** Data for processing follows **

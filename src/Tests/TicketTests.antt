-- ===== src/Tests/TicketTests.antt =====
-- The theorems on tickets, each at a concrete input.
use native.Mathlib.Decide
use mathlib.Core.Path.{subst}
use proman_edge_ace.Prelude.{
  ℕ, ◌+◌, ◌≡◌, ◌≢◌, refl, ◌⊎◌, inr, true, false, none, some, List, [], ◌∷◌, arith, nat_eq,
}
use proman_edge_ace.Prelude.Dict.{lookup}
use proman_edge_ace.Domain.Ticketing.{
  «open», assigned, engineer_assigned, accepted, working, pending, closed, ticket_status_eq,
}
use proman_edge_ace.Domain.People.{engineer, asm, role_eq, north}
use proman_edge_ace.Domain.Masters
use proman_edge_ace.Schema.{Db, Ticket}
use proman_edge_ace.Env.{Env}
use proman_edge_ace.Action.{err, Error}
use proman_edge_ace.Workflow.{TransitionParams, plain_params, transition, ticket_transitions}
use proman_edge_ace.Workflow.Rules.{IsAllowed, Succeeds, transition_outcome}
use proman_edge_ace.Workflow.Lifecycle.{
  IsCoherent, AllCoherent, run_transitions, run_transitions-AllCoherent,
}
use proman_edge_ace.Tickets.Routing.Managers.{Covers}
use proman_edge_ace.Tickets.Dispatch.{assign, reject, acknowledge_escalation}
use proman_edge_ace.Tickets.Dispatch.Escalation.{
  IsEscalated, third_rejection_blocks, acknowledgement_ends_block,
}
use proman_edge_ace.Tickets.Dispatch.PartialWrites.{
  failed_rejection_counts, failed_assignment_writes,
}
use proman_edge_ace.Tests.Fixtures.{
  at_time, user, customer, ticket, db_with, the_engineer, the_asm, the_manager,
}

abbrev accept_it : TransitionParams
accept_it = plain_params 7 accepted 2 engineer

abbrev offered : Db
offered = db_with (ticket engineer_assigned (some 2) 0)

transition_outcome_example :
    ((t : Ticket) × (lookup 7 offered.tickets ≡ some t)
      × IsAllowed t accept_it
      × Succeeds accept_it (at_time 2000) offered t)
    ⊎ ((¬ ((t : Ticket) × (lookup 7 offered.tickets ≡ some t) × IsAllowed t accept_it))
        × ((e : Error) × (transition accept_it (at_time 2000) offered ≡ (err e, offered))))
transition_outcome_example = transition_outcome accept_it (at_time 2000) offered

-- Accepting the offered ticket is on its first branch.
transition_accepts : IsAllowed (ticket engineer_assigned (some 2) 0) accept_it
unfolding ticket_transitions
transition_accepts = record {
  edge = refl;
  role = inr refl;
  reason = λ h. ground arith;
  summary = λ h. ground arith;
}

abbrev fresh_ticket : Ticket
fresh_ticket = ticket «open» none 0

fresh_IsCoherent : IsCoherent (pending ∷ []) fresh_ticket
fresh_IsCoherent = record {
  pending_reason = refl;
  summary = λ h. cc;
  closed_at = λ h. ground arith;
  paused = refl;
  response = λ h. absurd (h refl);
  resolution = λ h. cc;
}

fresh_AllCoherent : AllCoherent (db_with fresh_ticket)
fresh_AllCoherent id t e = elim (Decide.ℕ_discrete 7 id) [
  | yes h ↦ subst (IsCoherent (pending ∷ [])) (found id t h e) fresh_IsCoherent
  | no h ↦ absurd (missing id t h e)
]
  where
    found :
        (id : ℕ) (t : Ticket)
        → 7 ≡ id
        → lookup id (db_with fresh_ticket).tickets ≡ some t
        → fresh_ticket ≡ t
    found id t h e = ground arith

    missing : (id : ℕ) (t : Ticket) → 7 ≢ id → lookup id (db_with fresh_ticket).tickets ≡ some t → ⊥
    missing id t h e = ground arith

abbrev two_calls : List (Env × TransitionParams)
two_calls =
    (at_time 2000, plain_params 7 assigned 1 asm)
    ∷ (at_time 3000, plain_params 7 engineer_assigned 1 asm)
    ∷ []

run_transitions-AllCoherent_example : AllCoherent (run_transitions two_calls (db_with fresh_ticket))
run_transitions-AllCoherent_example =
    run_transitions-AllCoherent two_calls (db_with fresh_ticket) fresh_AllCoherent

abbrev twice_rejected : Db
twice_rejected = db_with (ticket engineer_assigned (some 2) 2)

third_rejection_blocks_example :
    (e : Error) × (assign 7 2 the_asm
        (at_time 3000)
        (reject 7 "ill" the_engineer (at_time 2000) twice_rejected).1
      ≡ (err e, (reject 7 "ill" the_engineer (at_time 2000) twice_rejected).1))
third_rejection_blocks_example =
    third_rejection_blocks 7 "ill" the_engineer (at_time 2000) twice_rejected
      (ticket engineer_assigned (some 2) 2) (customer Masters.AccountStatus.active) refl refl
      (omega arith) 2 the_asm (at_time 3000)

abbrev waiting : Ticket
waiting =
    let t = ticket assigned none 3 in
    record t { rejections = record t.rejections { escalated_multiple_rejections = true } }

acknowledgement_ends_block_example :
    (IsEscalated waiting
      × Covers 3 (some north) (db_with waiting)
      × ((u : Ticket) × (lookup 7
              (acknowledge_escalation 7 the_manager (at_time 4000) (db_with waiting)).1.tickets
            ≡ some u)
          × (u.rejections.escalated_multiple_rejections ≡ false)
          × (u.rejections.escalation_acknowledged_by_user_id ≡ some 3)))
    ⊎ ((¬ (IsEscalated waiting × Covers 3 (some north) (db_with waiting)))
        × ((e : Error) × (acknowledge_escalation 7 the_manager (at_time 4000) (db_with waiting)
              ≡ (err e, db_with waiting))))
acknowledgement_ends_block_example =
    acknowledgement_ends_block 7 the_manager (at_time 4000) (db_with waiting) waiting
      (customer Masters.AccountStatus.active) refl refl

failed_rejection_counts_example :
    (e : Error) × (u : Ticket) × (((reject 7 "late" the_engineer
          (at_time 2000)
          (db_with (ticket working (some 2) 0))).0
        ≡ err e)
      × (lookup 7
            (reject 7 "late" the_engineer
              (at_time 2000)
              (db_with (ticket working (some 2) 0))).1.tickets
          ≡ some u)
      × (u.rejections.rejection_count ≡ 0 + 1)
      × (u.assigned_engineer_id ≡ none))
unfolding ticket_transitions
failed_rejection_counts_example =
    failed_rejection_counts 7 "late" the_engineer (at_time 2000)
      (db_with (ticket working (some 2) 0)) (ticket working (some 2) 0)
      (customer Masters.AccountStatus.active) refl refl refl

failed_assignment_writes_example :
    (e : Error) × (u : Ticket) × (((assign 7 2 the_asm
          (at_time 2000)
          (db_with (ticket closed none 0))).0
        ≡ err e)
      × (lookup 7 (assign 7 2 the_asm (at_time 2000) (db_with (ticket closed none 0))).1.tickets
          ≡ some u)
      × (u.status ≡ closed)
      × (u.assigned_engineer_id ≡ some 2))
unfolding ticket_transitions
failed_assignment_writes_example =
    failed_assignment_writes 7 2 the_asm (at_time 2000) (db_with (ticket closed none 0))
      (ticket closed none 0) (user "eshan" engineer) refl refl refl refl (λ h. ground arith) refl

** End of Data for processing **
** Data for processing follows **

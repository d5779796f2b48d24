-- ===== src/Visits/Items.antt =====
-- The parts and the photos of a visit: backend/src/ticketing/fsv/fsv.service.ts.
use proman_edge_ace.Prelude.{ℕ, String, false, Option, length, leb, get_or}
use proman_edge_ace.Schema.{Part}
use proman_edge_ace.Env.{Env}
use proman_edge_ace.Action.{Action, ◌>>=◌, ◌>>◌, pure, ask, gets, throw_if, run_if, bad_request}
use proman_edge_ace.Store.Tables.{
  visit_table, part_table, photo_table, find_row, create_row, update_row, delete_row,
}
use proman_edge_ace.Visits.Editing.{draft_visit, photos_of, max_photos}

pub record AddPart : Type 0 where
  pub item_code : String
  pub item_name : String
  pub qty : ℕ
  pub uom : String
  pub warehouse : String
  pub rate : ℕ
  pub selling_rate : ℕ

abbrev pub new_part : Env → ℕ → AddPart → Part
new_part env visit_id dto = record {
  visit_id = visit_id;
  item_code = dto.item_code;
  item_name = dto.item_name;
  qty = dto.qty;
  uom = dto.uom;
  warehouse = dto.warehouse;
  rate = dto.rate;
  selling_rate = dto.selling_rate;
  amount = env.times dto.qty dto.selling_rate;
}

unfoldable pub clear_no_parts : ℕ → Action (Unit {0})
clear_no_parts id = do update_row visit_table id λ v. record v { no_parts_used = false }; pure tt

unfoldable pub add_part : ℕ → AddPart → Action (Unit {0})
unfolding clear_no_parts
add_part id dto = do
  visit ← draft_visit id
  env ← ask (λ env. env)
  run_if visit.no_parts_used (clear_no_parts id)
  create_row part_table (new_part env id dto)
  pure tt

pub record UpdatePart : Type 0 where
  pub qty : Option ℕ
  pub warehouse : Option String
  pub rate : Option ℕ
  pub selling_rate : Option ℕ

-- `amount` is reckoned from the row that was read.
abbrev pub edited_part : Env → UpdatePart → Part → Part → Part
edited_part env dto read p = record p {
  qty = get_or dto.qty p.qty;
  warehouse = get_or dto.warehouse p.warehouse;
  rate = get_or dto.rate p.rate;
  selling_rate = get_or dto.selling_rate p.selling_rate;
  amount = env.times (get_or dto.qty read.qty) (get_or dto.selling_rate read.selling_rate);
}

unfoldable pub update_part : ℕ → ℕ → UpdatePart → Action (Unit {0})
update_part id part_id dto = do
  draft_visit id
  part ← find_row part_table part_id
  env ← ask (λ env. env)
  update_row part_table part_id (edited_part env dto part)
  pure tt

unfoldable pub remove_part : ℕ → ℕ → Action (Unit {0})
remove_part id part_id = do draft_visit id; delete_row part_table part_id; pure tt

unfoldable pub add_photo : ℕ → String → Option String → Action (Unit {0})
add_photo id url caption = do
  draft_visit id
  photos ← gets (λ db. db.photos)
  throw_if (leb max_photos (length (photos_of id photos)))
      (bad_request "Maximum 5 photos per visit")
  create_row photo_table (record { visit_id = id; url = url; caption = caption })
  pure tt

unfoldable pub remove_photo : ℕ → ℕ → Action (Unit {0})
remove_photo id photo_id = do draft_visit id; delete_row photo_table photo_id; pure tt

** End of Data for processing **

Task: Print, from the entries above, the line with "rejections = record", the line with "4000) (db_with waiting)).1.tickets" and all lines between them, exactly and with nothing else.

Solved exercise:
    record t { rejections = record t.rejections { escalated_multiple_rejections = true } }

acknowledgement_ends_block_example :
    (IsEscalated waiting
      × Covers 3 (some north) (db_with waiting)
      × ((u : Ticket) × (lookup 7
              (acknowledge_escalation 7 the_manager (at_time 4000) (db_with waiting)).1.tickets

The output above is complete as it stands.